Content starts

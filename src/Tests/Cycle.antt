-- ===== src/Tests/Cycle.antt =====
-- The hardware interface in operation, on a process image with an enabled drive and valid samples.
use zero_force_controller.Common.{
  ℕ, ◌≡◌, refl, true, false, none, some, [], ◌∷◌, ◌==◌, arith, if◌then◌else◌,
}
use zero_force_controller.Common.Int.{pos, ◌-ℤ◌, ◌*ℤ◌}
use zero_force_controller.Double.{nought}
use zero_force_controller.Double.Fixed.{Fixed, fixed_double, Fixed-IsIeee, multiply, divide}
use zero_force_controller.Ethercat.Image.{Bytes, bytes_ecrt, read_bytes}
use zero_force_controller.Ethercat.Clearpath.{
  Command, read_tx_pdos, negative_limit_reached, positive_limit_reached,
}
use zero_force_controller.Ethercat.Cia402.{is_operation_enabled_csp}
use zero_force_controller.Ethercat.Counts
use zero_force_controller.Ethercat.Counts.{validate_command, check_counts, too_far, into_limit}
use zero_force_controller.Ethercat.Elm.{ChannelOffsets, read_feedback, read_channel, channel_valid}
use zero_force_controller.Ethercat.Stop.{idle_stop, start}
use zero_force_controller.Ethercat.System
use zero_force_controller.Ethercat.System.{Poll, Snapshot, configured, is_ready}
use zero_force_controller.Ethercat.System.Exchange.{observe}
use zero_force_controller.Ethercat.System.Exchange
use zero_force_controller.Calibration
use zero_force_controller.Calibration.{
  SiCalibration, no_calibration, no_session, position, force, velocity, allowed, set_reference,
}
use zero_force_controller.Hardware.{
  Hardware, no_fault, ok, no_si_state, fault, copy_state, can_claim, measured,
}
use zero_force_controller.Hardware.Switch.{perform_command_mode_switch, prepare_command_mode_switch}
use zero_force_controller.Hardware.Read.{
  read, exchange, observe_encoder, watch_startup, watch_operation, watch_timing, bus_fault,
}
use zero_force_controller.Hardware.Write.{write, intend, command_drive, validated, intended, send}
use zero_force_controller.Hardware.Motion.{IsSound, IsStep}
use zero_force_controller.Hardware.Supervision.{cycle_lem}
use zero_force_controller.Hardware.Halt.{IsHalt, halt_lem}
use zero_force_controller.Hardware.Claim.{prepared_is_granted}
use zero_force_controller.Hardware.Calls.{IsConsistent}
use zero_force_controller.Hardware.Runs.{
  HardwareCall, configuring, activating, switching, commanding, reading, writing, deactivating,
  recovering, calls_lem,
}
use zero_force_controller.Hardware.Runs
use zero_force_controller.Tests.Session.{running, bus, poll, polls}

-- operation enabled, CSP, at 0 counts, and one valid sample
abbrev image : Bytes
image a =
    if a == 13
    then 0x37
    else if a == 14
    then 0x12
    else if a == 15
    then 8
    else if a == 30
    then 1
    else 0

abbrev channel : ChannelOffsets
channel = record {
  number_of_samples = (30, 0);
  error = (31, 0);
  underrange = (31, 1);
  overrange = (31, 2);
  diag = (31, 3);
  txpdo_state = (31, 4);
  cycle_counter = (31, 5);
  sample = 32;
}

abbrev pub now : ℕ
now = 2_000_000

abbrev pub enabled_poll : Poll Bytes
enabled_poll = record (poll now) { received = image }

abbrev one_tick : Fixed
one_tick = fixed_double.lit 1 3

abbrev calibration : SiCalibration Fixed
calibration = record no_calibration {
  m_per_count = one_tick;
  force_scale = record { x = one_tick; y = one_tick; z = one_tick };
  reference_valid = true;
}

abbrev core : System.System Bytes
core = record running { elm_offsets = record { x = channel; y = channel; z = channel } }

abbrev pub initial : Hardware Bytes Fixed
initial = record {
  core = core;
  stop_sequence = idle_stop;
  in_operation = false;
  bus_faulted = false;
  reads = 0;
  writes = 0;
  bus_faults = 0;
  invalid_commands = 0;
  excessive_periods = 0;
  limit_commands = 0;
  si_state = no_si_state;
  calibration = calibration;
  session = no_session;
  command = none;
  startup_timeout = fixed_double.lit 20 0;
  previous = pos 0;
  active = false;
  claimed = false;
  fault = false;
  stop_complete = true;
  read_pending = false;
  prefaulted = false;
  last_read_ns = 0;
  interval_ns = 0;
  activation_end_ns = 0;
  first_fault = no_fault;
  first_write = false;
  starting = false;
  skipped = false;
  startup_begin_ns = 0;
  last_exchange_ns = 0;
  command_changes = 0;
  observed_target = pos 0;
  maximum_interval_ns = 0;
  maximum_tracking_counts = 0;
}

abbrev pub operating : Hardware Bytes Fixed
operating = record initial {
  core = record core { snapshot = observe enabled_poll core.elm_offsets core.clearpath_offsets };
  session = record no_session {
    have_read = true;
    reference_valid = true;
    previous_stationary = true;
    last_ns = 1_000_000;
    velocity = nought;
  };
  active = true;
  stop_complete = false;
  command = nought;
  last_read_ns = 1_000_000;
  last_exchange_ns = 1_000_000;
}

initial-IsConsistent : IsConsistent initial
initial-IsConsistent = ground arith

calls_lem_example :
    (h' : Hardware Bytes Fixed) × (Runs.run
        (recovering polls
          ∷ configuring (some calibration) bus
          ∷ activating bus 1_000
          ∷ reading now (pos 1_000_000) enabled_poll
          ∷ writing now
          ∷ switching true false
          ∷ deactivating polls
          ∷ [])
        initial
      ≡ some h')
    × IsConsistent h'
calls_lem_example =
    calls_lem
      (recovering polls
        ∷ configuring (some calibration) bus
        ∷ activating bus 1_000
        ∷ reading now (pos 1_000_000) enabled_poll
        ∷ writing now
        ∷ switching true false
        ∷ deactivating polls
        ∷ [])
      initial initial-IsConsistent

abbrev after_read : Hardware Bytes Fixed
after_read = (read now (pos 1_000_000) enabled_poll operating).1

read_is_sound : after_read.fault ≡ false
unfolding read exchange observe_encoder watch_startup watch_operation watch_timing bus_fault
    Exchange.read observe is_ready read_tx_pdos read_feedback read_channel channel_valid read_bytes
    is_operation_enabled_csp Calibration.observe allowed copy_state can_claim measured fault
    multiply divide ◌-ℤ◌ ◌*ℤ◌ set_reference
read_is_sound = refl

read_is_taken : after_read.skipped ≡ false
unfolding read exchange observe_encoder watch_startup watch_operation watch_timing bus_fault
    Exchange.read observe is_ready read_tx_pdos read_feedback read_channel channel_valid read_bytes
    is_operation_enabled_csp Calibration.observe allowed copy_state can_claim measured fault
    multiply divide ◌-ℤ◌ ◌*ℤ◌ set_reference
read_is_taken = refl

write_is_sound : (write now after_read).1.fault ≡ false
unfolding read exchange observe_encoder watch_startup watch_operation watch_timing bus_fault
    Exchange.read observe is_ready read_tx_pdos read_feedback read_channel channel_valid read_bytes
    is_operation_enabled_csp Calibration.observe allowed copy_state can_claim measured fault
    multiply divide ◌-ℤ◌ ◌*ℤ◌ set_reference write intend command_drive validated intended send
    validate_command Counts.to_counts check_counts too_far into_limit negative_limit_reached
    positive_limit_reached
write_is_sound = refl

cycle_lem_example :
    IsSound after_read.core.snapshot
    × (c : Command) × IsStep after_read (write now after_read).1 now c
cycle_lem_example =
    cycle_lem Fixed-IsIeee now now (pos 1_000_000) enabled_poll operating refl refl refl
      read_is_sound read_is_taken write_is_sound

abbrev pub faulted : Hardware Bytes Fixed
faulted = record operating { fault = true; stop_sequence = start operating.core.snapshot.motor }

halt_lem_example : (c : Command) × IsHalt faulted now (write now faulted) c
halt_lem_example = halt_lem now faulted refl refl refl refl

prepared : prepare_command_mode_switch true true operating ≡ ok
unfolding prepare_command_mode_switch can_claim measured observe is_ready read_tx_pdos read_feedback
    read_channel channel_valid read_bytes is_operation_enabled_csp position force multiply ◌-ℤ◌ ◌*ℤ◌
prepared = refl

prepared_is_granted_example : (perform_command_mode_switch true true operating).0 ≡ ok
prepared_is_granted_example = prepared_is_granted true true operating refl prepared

Content ends

▶ **Goal of the exercise**: Within the listing above, the range opens at the line with "underrange = (31, 1);" and closes at the line with "core = record core". Reproduce exactly the lines of that range, including both ends.

▶ **Your response**:
  underrange = (31, 1);
  overrange = (31, 2);
  diag = (31, 3);
  txpdo_state = (31, 4);
  cycle_counter = (31, 5);
  sample = 32;
}

abbrev pub now : ℕ
now = 2_000_000

abbrev pub enabled_poll : Poll Bytes
enabled_poll = record (poll now) { received = image }

abbrev one_tick : Fixed
one_tick = fixed_double.lit 1 3

abbrev calibration : SiCalibration Fixed
calibration = record no_calibration {
  m_per_count = one_tick;
  force_scale = record { x = one_tick; y = one_tick; z = one_tick };
  reference_valid = true;
}

abbrev core : System.System Bytes
core = record running { elm_offsets = record { x = channel; y = channel; z = channel } }

abbrev pub initial : Hardware Bytes Fixed
initial = record {
  core = core;
  stop_sequence = idle_stop;
  in_operation = false;
  bus_faulted = false;
  reads = 0;
  writes = 0;
  bus_faults = 0;
  invalid_commands = 0;
  excessive_periods = 0;
  limit_commands = 0;
  si_state = no_si_state;
  calibration = calibration;
  session = no_session;
  command = none;
  startup_timeout = fixed_double.lit 20 0;
  previous = pos 0;
  active = false;
  claimed = false;
  fault = false;
  stop_complete = true;
  read_pending = false;
  prefaulted = false;
  last_read_ns = 0;
  interval_ns = 0;
  activation_end_ns = 0;
  first_fault = no_fault;
  first_write = false;
  starting = false;
  skipped = false;
  startup_begin_ns = 0;
  last_exchange_ns = 0;
  command_changes = 0;
  observed_target = pos 0;
  maximum_interval_ns = 0;
  maximum_tracking_counts = 0;
}

abbrev pub operating : Hardware Bytes Fixed
operating = record initial {
  core = record core { snapshot = observe enabled_poll core.elm_offsets core.clearpath_offsets };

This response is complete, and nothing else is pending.